TASK OBJECTIVE
When you reach the line containing "pub data MerkleCheckpointArtifactError", include it and stop; until then, return each line of the material exactly, starting with the first.

Top of DATA FOR THIS EXERCISE

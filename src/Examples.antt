-- ===== src/Examples.antt =====
-- The theorems at concrete inputs, and tests of the definitions.
mod Data
mod Scrape
mod Artifacts
mod Store
mod Loop
mod Scan
mod Txid
mod Pinning
mod Ipns
mod Audit
mod Chain
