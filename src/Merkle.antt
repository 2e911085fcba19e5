-- ===== src/Merkle.antt =====
-- Merkle checkpoints (crates/railgun-indexer-core/src/merkle_checkpoint.rs). Poseidon, the byte
-- conversions of U256 and the constants of the tree are of other crates: they are the fields of
-- `Tree`. A leaf is its 32 bytes, a u32 or u64 a number below 2^32 or 2^64.
pub mod Root
pub mod Artifact
pub mod Layout
use railgun_indexer.Prelude.{
  ℕ, zero, suc, ◌+◌, ◌-◌, ◌%◌, List, [], ◌∷◌, ◌++◌, map, length, ◌==◌, ltb, not, if◌then◌else◌,
  some, Result, ok, err, ◌>>=◌, ◌>>◌, ok_or, map_err, checked_add, checked_mul, try_narrow,
}
use railgun_indexer.Codec.{Bytes, ChunkError, write_u32, write_u64, u64_len, concat}
use railgun_indexer.Artifact.{
  Range, tree_position, merkle_checkpoint, ChunkSection, ChunkEnvelope, Descriptor, Published,
  default_metadata, ChunkFormat, checked_byte_size,
}

pub record Tree : Type 1 where
  pub Word : Type 0
  pub poseidon : Word → Word → Word
  pub from_be_bytes : Bytes → Word
  pub to_be_bytes : Word → Bytes
  pub merkle_zero_value : Word
  pub tree_depth : ℕ
  pub tree_leaf_count : ℕ

pub record MerkleCheckpointArtifact : Type 0 where
  pub tree_number : ℕ
  pub leaf_count : ℕ
  pub last_indexed_block : ℕ
  pub leaves : List Bytes

pub data MerkleCheckpointArtifactError : Type 0 where
  empty_checkpoint : MerkleCheckpointArtifactError
  leaf_count_too_large : ℕ → ℕ → MerkleCheckpointArtifactError
  leaf_count_mismatch : ℕ → ℕ → MerkleCheckpointArtifactError
  tree_number_out_of_range : ℕ → MerkleCheckpointArtifactError
  range_overflow : MerkleCheckpointArtifactError
  chunk : ChunkError → MerkleCheckpointArtifactError
  ipfs : ℕ → MerkleCheckpointArtifactError

abbrev Checked : Type 0 → Type 0
Checked = Result MerkleCheckpointArtifactError

module _ (t : Tree) where
  open t use {
    Word, poseidon, from_be_bytes, to_be_bytes, merkle_zero_value, tree_depth, tree_leaf_count,
  }

  -- One odd node at the end is paired with the root of an empty subtree of its height.
  pub pad : Word → List Word → List Word
  pad empty_subtree_root layer =
      if length layer % 2 == 0 then layer else layer ++ empty_subtree_root ∷ []

  -- `as_chunks::<2>().0`: the pairs; a last odd element is left out.
  pub pair_up : List Word → List Word
  pair_up [] = []
  pair_up (x ∷ []) = []
  pair_up (x ∷ y ∷ rest) = poseidon x y ∷ pair_up rest

  pub climb : ℕ → List Word → Word → List Word
  climb zero layer empty_subtree_root = layer
  climb (suc rounds) layer empty_subtree_root =
      climb rounds (pair_up (pad empty_subtree_root layer))
        (poseidon empty_subtree_root empty_subtree_root)

  first_or_zero : List Word → Word
  first_or_zero [] = merkle_zero_value
  first_or_zero (x ∷ rest) = x

  unfoldable pub checkpoint_root : List Bytes → Bytes
  unfolding first_or_zero climb pad pair_up
  checkpoint_root leaves =
      to_be_bytes (first_or_zero (climb tree_depth (map from_be_bytes leaves) merkle_zero_value))

  unfoldable pub validate_checkpoint : MerkleCheckpointArtifact → Checked (Unit {0})
  validate_checkpoint c =
      if c.leaf_count == 0
      then err empty_checkpoint
      else if ltb tree_leaf_count c.leaf_count
      then err (leaf_count_too_large c.leaf_count tree_leaf_count)
      else do
        leaf_len ← map_err chunk (u64_len (length c.leaves))
        (if leaf_len == c.leaf_count
            then ok tt
            else err (leaf_count_mismatch c.leaf_count leaf_len))

  unfoldable pub checkpoint_range : MerkleCheckpointArtifact → Checked Range
  checkpoint_range c = do
    start ← ok_or (checked_mul c.tree_number tree_leaf_count) range_overflow
    end ← ok_or (checked_add start (c.leaf_count - 1)) range_overflow
    ok (record { kind = tree_position; start = start; end = end })

unfoldable pub encode_merkle_checkpoint : MerkleCheckpointArtifact → Bytes → Result ChunkError Bytes
unfolding concat
encode_merkle_checkpoint c root = do
  let bytes =
      write_u32 c.tree_number
      ++ (write_u64 c.leaf_count ++ (root ++ (write_u64 c.last_indexed_block ++ concat c.leaves)))
  u64_len (length bytes)
  ok bytes

module _ (t : Tree) (f : ChunkFormat) where
  open t use {tree_leaf_count}
  open f use {ChainScope, Compression, encode_chunk_bytes, sha256_digest, chunk_format_version}

  abbrev checkpoint_envelope :
      ChainScope → MerkleCheckpointArtifact → Range → Bytes → ℕ → ChunkEnvelope ChainScope
  checkpoint_envelope scope c range payload payload_len = record {
    header = record {
      dataset_kind = merkle_checkpoint;
      scope = scope;
      range = range;
      row_count = c.leaf_count;
      payload_len = payload_len;
      sections = record { section_id = 1; offset = 0; byte_length = payload_len } ∷ [];
    };
    payload = payload;
  }

  unfoldable pub prepare_merkle_checkpoint_artifact :
      ChainScope
      → MerkleCheckpointArtifact
      → Compression
      → Checked (Published ChainScope Compression)
  unfolding validate_checkpoint checkpoint_range encode_merkle_checkpoint
  prepare_merkle_checkpoint_artifact scope c compression = do
    validate_checkpoint t c
    let root = checkpoint_root t c.leaves
    range ← checkpoint_range t c
    payload ← map_err chunk (encode_merkle_checkpoint c root)
    payload_len ← map_err chunk (u64_len (length payload))
    compressed_bytes ←
        map_err chunk
          (encode_chunk_bytes (checkpoint_envelope scope c range payload payload_len) compression)
    byte_size ← map_err chunk (checked_byte_size f compressed_bytes)
    tree_number ← ok_or (try_narrow 65536 c.tree_number) (tree_number_out_of_range c.tree_number)
    ok (record {
      descriptor = record {
        dataset_kind = merkle_checkpoint;
        scope = scope;
        range = range;
        row_count = c.leaf_count;
        cid = [];
        sha256 = sha256_digest compressed_bytes;
        byte_size = byte_size;
        encoding_version = chunk_format_version;
        compression = compression;
        metadata = record default_metadata {
          root = some root;
          checkpoint_block = some c.last_indexed_block;
          tree_number = some tree_number;
          leaf_count = some c.leaf_count;
          last_indexed_block = some c.last_indexed_block;
        };
      };
      compressed_bytes = compressed_bytes;
    })
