-- ===== src/Merkle/Root.antt =====
-- The layered computation of the root agrees with the complete binary tree
-- (`checkpoint_root` of crates/railgun-indexer-core/src/merkle_checkpoint.rs).
use mathlib.Core.Path.{fun_ext}
use railgun_indexer.Prelude.{
  ℕ, zero, suc, ◌+◌, ◌*◌, ◌%◌, ◌≡◌, ◌≢◌, refl, ◌∙◌, ap, List, [], ◌∷◌, map, length, get_or, arith,
  ◌==◌, Bool-cases, inl, inr,
}
use railgun_indexer.Codec.{Bytes}
use railgun_indexer.Merkle.{Tree, pad, pair_up, climb, first_or_zero, checkpoint_root}

double : (i : ℕ) → 2 * suc i ≡ suc (suc (2 * i))
double i = omega arith

double_add_one : (i : ℕ) → suc (suc (2 * i)) + 1 ≡ suc (suc (2 * i + 1))
double_add_one i = omega arith

module _ (t : Tree) where
  open t use {Word, poseidon, from_be_bytes, to_be_bytes, merkle_zero_value, tree_depth}

  -- The node at a height and an index of the complete tree over the leaves `f 0`, `f 1`, ….
  pub node : (ℕ → Word) → ℕ → ℕ → Word
  node f zero i = f i
  node f (suc h) i = poseidon (node f h (2 * i)) (node f h (2 * i + 1))

  abbrev parents : (ℕ → Word) → ℕ → Word
  parents f i = poseidon (f (2 * i)) (f (2 * i + 1))

  node-parents : (f : ℕ → Word) (h i : ℕ) → node (parents f) h i ≡ node f (suc h) i
  unfolding node
  node-parents f zero i = refl
  node-parents f (suc h) i = cc (node-parents f h (2 * i), node-parents f h (2 * i + 1))

  pair_up-pad :
      (e x y : Word) (rest : List Word)
      → pair_up t (pad t e (x ∷ y ∷ rest)) ≡ poseidon x y ∷ pair_up t (pad t e rest)
  unfolding pad pair_up
  pair_up-pad e x y rest =
      let parity : suc (suc (length rest)) % 2 ≡ length rest % 2 = omega arith in
      rw parity (elim (Bool-cases (length rest % 2 == 0)) [ inl even ↦ rw even | inr odd ↦ rw odd ])

  -- One level of the layered computation, padded with `e`, is the level of parents.
  get_or-pair_up :
      (e : Word) (layer : List Word) (i : ℕ)
      → get_or (pair_up t (pad t e layer)) i (poseidon e e) ≡ parents (λ j. get_or layer j e) i
  unfolding pad pair_up
  get_or-pair_up e [] i = refl
  get_or-pair_up e (x ∷ []) zero = refl
  get_or-pair_up e (x ∷ []) (suc i) = rw (parents, double i, double_add_one i)
  get_or-pair_up e (x ∷ y ∷ rest) zero = rw (pair_up-pad e x y rest)
  get_or-pair_up e (x ∷ y ∷ rest) (suc i) =
      rw (pair_up-pad e x y rest, parents, double i, double_add_one i) (get_or-pair_up e rest i)

  -- The pairs of a layer that is not empty are not empty.
  pair_up-ne-nil : (e : Word) (layer : List Word) → layer ≢ [] → pair_up t (pad t e layer) ≢ []
  unfolding pad pair_up
  pair_up-ne-nil e [] h = absurd (h refl)
  pair_up-ne-nil e (x ∷ []) h = λ p. cc
  pair_up-ne-nil e (x ∷ y ∷ rest) h = rw (pair_up-pad e x y rest) (λ p. cc)

  first-get_or :
      (layer : List Word) (e : Word) → layer ≢ [] → first_or_zero t layer ≡ get_or layer 0 e
  unfolding first_or_zero
  first-get_or [] e h = absurd (h refl)
  first-get_or (x ∷ rest) e h = refl

  climb-node :
      (rounds : ℕ) (layer : List Word) (e : Word)
      → layer ≢ []
      → first_or_zero t (climb t rounds layer e) ≡ node (λ j. get_or layer j e) rounds 0
  unfolding climb node
  climb-node zero layer e h = first-get_or layer e h
  climb-node (suc rounds) layer e h =
      climb-node rounds (pair_up t (pad t e layer)) (poseidon e e) (pair_up-ne-nil e layer h)
      ∙ ap (λ (f : ℕ → Word). node f rounds 0) (fun_ext (get_or-pair_up e layer))
      ∙ node-parents (λ j. get_or layer j e) rounds 0

-- For leaves that are not empty, the computed root is the root of the complete binary tree of the
-- tree's depth, whose leaves are the given ones in order and the zero value after them.
pub checkpoint_root_lem :
    (t : Tree) (leaves : List Bytes)
    → leaves ≢ []
    → checkpoint_root t leaves
      ≡ t.to_be_bytes
          (node t (λ i. get_or (map t.from_be_bytes leaves) i t.merkle_zero_value) t.tree_depth 0)
unfolding checkpoint_root
checkpoint_root_lem t [] h = absurd (h refl)
checkpoint_root_lem t (x ∷ rest) h =
    ap t.to_be_bytes (climb-node t t.tree_depth _ t.merkle_zero_value (λ p. cc))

Bottom of DATA FOR THIS EXERCISE

TASK SOLUTION
filename src/Examples.antt
-- ===== src/Examples.antt =====
-- The theorems at concrete inputs, and tests of the definitions.
mod Data
mod Scrape
mod Artifacts
mod Store
mod Loop
mod Scan
mod Txid
mod Pinning
mod Ipns
mod Audit
mod Chain
filename src/Merkle.antt
repository 2e911085fcba19e5
-- ===== src/Merkle.antt =====
-- Merkle checkpoints (crates/railgun-indexer-core/src/merkle_checkpoint.rs). Poseidon, the byte
-- conversions of U256 and the constants of the tree are of other crates: they are the fields of
-- `Tree`. A leaf is its 32 bytes, a u32 or u64 a number below 2^32 or 2^64.
pub mod Root
pub mod Artifact
pub mod Layout
use railgun_indexer.Prelude.{
  ℕ, zero, suc, ◌+◌, ◌-◌, ◌%◌, List, [], ◌∷◌, ◌++◌, map, length, ◌==◌, ltb, not, if◌then◌else◌,
  some, Result, ok, err, ◌>>=◌, ◌>>◌, ok_or, map_err, checked_add, checked_mul, try_narrow,
}
use railgun_indexer.Codec.{Bytes, ChunkError, write_u32, write_u64, u64_len, concat}
use railgun_indexer.Artifact.{
  Range, tree_position, merkle_checkpoint, ChunkSection, ChunkEnvelope, Descriptor, Published,
  default_metadata, ChunkFormat, checked_byte_size,
}

pub record Tree : Type 1 where
  pub Word : Type 0
  pub poseidon : Word → Word → Word
  pub from_be_bytes : Bytes → Word
  pub to_be_bytes : Word → Bytes
  pub merkle_zero_value : Word
  pub tree_depth : ℕ
  pub tree_leaf_count : ℕ

pub record MerkleCheckpointArtifact : Type 0 where
  pub tree_number : ℕ
  pub leaf_count : ℕ
  pub last_indexed_block : ℕ
  pub leaves : List Bytes

pub data MerkleCheckpointArtifactError : Type 0 where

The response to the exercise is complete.